TASK PROMPT = Could you set down exactly the lines of the data below, starting at the one that holds "none else memory_row d j)" and ending at the one that holds "k r d).0 ≡ err e", both included, and only those?

Collected data:
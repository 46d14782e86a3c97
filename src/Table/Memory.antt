-- ===== src/Table/Memory.antt =====
-- A table in memory: rows in a list, and a plan of which statements fail. It meets what is asked
-- of a table, so the theorems about one can be applied.
use osb_opengauss_go.Prelude.{
  ◌≡◌, refl, sym, ap, subst, ◌∙◌, inl, inr, Bool, true, false, not, Option, none, some, List, [],
  ◌∷◌, Text, codes, arith, if◌then◌else◌, text_eq, text_eq_iff, text_eq_refl, text_eq_sound, filter,
  All, In, Bool-cases,
}
use osb_opengauss_go.Result.{Fault, record_not_found, external, Result, ok, err, is_not_found}
use osb_opengauss_go.Exec.{Exec}
use osb_opengauss_go.Table.{Table, IsTable, replace_by}

pub record Memory (Row : Type 0) : Type 0 where
  pub rows : List Row
  -- whether each statement to come fails
  pub faults : List Bool

module _ {Row : Type 0} (key group : Row → Text) where
  unfoldable pub lookup : List Row → Text → Option Row
  lookup [] k = none
  lookup (r ∷ rs) k = if text_eq (key r) k then some r else lookup rs k

  put_over : Text → Row → List Row → List Row
  put_over k r [] = []
  put_over k r (x ∷ xs) = (if text_eq (key x) k then r else x) ∷ put_over k r xs

  -- the rows that no earlier row hides
  visible : List Row → List Row
  visible [] = []
  visible (r ∷ rs) = r ∷ filter (λ x. not (text_eq (key r) (key x))) (visible rs)

  in_group : Text → Row → Bool
  in_group i r = text_eq (group r) i

  -- one statement: it fails as planned, or does its work
  unfoldable pub statement :
      {A : Type 0} → (List Row → Result Fault A × List Row) → Exec (Memory Row) Fault A
  statement work d = elim d.faults [
    | [] ↦ let (a, rows) = work d.rows in (a, record { rows = rows; faults = [] })
    | fault ∷ rest ↦
        if fault
        then (err (external (codes "database is locked")), record { rows = d.rows; faults = rest })
        else (let (a, rows) = work d.rows in (a, record { rows = rows; faults = rest }))
  ]

  found : Option Row → Result Fault Row
  found none = err (record_not_found (codes "record not found"))
  found (some r) = ok r

  insert : Row → List Row → Option Row → Result Fault (Unit {0}) × List Row
  insert r rows none = (ok tt, r ∷ rows)
  insert r rows (some _) = (err (external (codes "UNIQUE constraint failed")), rows)

  unfoldable pub memory_table : Table (Memory Row) Row
  unfolding statement found lookup put_over insert visible in_group
  memory_table = record {
    first = λ k. statement λ rows. (found (lookup rows k), rows);
    updates = λ k r. statement λ rows. (ok tt, put_over k r rows);
    create = λ r. statement λ rows. insert r rows (lookup rows (key r));
    delete = λ k. statement λ rows. (ok tt, filter (λ x. not (text_eq (key x) k)) rows);
    find_where = λ i. statement λ rows. (ok (filter (in_group i) (visible rows)), rows);
    find = statement λ rows. (ok (visible rows), rows);
  }

  pub lookup-key : (rows : List Row) (k : Text) (r : Row) → lookup rows k ≡ some r → key r ≡ k
  unfolding lookup
  lookup-key [] k r h = cc
  lookup-key (x ∷ xs) k r h = elim (Bool-cases (text_eq (key x) k)) [
    | inl same ↦ ground (arith, text_eq_sound (key x) k)
    | inr other ↦ lookup-key xs k r (rw other at h)
  ]

  lookup-put_over :
      (k : Text) (r : Row) (rows : List Row) (j : Text)
      → key r ≡ k
      → lookup (put_over k r rows) j
        ≡ (if text_eq k j then replace_by r (lookup rows j) else lookup rows j)
  unfolding lookup put_over
  lookup-put_over k r [] j e = ground arith
  lookup-put_over k r (x ∷ xs) j e = ground (
    arith,
    lookup-put_over k r xs j e,
    text_eq_iff (key x) k,
    text_eq_iff (key x) j,
    text_eq_iff k j,
    text_eq_iff (key r) j,
  )

  lookup-filter :
      (k : Text) (rows : List Row) (j : Text)
      → lookup (filter (λ x. not (text_eq (key x) k)) rows) j
        ≡ (if text_eq k j then none else lookup rows j)
  unfolding lookup
  lookup-filter k [] j = ground arith
  lookup-filter k (x ∷ xs) j =
      ground
        (arith, lookup-filter k xs j, text_eq_iff (key x) k, text_eq_iff (key x) j, text_eq_iff k j)

  All-filter :
      (P : Row → Type 0) (p : Row → Bool) (xs : List Row)
      → All P xs
      → All (λ x. P x × (p x ≡ true)) (filter p xs)
  All-filter P p [] h = tt
  All-filter P p (x ∷ xs) (hx, hs) = elim (Bool-cases (p x)) [
    | inl keep ↦ rw keep ((hx, keep), All-filter P p xs hs)
    | inr drop ↦ rw drop (All-filter P p xs hs)
  ]

  All-map : (P Q : Row → Type 0) (f : (x : Row) → P x → Q x) (xs : List Row) → All P xs → All Q xs
  All-map P Q f [] h = tt
  All-map P Q f (x ∷ xs) (hx, hs) = (f x hx, All-map P Q f xs hs)

  In-filter : (p : Row → Bool) (r : Row) (xs : List Row) → In r xs → p r ≡ true → In r (filter p xs)
  In-filter p r [] h keep = h
  In-filter p r (x ∷ xs) (inl e) keep = rw (ap p (sym e) ∙ keep) (inl e)
  In-filter p r (x ∷ xs) (inr m) keep = elim (Bool-cases (p x)) [
    | inl kx ↦ rw kx (inr (In-filter p r xs m keep))
    | inr dx ↦ rw dx (In-filter p r xs m keep)
  ]

  visible_sound : (rows : List Row) → All (λ r. lookup rows (key r) ≡ some r) (visible rows)
  unfolding lookup visible
  visible_sound [] = tt
  visible_sound (r ∷ rs) = (
    rw text_eq_refl,
    All-map _ _ (λ x (found, other). rw (not-true _ other) found) _
        (All-filter _ (λ x. not (text_eq (key r) (key x))) (visible rs) (visible_sound rs)),
  )
    where
      not-true : (b : Bool) → not b ≡ true → b ≡ false
      not-true true h = cc
      not-true false h = refl

  visible_complete :
      (rows : List Row) (k : Text) (r : Row) → lookup rows k ≡ some r → In r (visible rows)
  unfolding lookup visible
  visible_complete [] k r h = cc
  visible_complete (x ∷ xs) k r h = elim (Bool-cases (text_eq (key x) k)) [
    | inl same ↦ inl (ground arith)
    | inr other ↦
        let h' = rw other at h in
        inr (
          In-filter _ r (visible xs) (visible_complete xs k r h')
            (rw (lookup-key xs k r h', other)))
  ]

  abbrev pub memory_row : Memory Row → Text → Option Row
  memory_row d k = lookup d.rows k

  module _ (k : Text) (d : Memory Row) where
    first-reads : (j : Text) → memory_row (memory_table.first k d).1 j ≡ memory_row d j
    unfolding memory_table
    first-reads j = ground arith

    first-ok : (r : Row) → (memory_table.first k d).0 ≡ ok r → memory_row d k ≡ some r
    unfolding memory_table
    first-ok r h = ground arith

    first-missing :
        (e : Fault)
        → (memory_table.first k d).0 ≡ err e
        → is_not_found e ≡ true
        → memory_row d k ≡ none
    unfolding memory_table is_not_found
    first-missing e h m = ground arith

    delete-ok :
        (j : Text)
        → (memory_table.delete k d).0 ≡ ok tt
        → memory_row (memory_table.delete k d).1 j ≡ (if text_eq k j then none else memory_row d j)
    unfolding memory_table
    delete-ok j h = ground (arith, lookup-filter k d.rows j)

    delete-err :
        (e : Fault) (j : Text)
        → (memory_table.delete k d).0 ≡ err e
        → memory_row (memory_table.delete k d).1 j ≡ memory_row d j
    unfolding memory_table
    delete-err e j h = ground arith

    updates-ok :
        (r : Row) (j : Text)
        → key r ≡ k
        → (memory_table.updates k r d).0 ≡ ok tt
        → memory_row (memory_table.updates k r d).1 j
          ≡ (if text_eq k j then replace_by r (memory_row d j) else memory_row d j)
    unfolding memory_table
    updates-ok r j e h = ground (arith, lookup-put_over k r d.rows j e)

    updates-err :
        (r : Row) (e : Fault) (j : Text)
        → (memory_table.updates k r d).0 ≡ err e
        → memory_row (memory_table.updates k r d).1 j ≡ memory_row d j
    unfolding memory_table
    updates-err r e j h = ground arith

    find_where-reads : (j : Text) → memory_row (memory_table.find_where k d).1 j ≡ memory_row d j
    unfolding memory_table
    find_where-reads j = ground arith

  module _ (r : Row) (d : Memory Row) where
    create-ok :
        (j : Text)
        → (memory_table.create r d).0 ≡ ok tt
        → memory_row (memory_table.create r d).1 j
          ≡ (if text_eq (key r) j then some r else memory_row d j)
    unfolding memory_table
    create-ok j h = ground arith

    create-err :
        (e : Fault) (j : Text)
        → (memory_table.create r d).0 ≡ err e
        → memory_row (memory_table.create r d).1 j ≡ memory_row d j
    unfolding memory_table
    create-err e j h = ground arith

  module _ (d : Memory Row) where
    find-reads : (j : Text) → memory_row (memory_table.find d).1 j ≡ memory_row d j
    unfolding memory_table
    find-reads j = ground arith

    find-list : (l : List Row) → (memory_table.find d).0 ≡ ok l → visible d.rows ≡ l
    unfolding memory_table
    find-list l h = ground arith

    find_where-list :
        (i : Text) (l : List Row)
        → (memory_table.find_where i d).0 ≡ ok l
        → filter (in_group i) (visible d.rows) ≡ l
    unfolding memory_table
    find_where-list i l h = ground arith

  pub memory_table-IsTable : IsTable key group memory_row memory_table
  memory_table-IsTable = record {
    row-key = λ d k r h. lookup-key d.rows k r h;
    first-reads = first-reads;
    first-ok = first-ok;
    first-missing = first-missing;
    updates-ok = λ k r d j e h. updates-ok k d r j e h;
    updates-err = λ k r d e j h. updates-err k d r e j h;
    create-ok = create-ok;
    create-err = create-err;
    delete-ok = delete-ok;
    delete-err = delete-err;
    find_where-reads = find_where-reads;
    find_where-complete = λ i d l k r h m g. subst (In r) (find_where-list d i l h) (
        In-filter (in_group i) r _ (visible_complete d.rows k r m)
          (unfold in_group in rw (g, text_eq_refl)));
    find_where-sound = λ i d l h.
        subst (All (λ r. (memory_row d (key r) ≡ some r) × (group r ≡ i))) (find_where-list d i l h)
          (All-map _ _ (λ x (found, same). (found, unfold in_group in text_eq_sound _ _ same)) _
            (All-filter _ (in_group i) (visible d.rows) (visible_sound d.rows)));
    find-reads = find-reads;
    find-complete = λ d l k r h m. subst (In r) (find-list d l h) (visible_complete d.rows k r m);
    find-sound = λ d l h.
        subst (All (λ r. memory_row d (key r) ≡ some r)) (find-list d l h) (visible_sound d.rows);
  }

REPLY TO THE EXERCISE =
        → memory_row (memory_table.delete k d).1 j ≡ (if text_eq k j then none else memory_row d j)
    unfolding memory_table
    delete-ok j h = ground (arith, lookup-filter k d.rows j)

    delete-err :
        (e : Fault) (j : Text)
        → (memory_table.delete k d).0 ≡ err e
        → memory_row (memory_table.delete k d).1 j ≡ memory_row d j
    unfolding memory_table
    delete-err e j h = ground arith

    updates-ok :
        (r : Row) (j : Text)
        → key r ≡ k
        → (memory_table.updates k r d).0 ≡ ok tt
        → memory_row (memory_table.updates k r d).1 j
          ≡ (if text_eq k j then replace_by r (memory_row d j) else memory_row d j)
    unfolding memory_table
    updates-ok r j e h = ground (arith, lookup-put_over k r d.rows j e)

    updates-err :
        (r : Row) (e : Fault) (j : Text)
        → (memory_table.updates k r d).0 ≡ err e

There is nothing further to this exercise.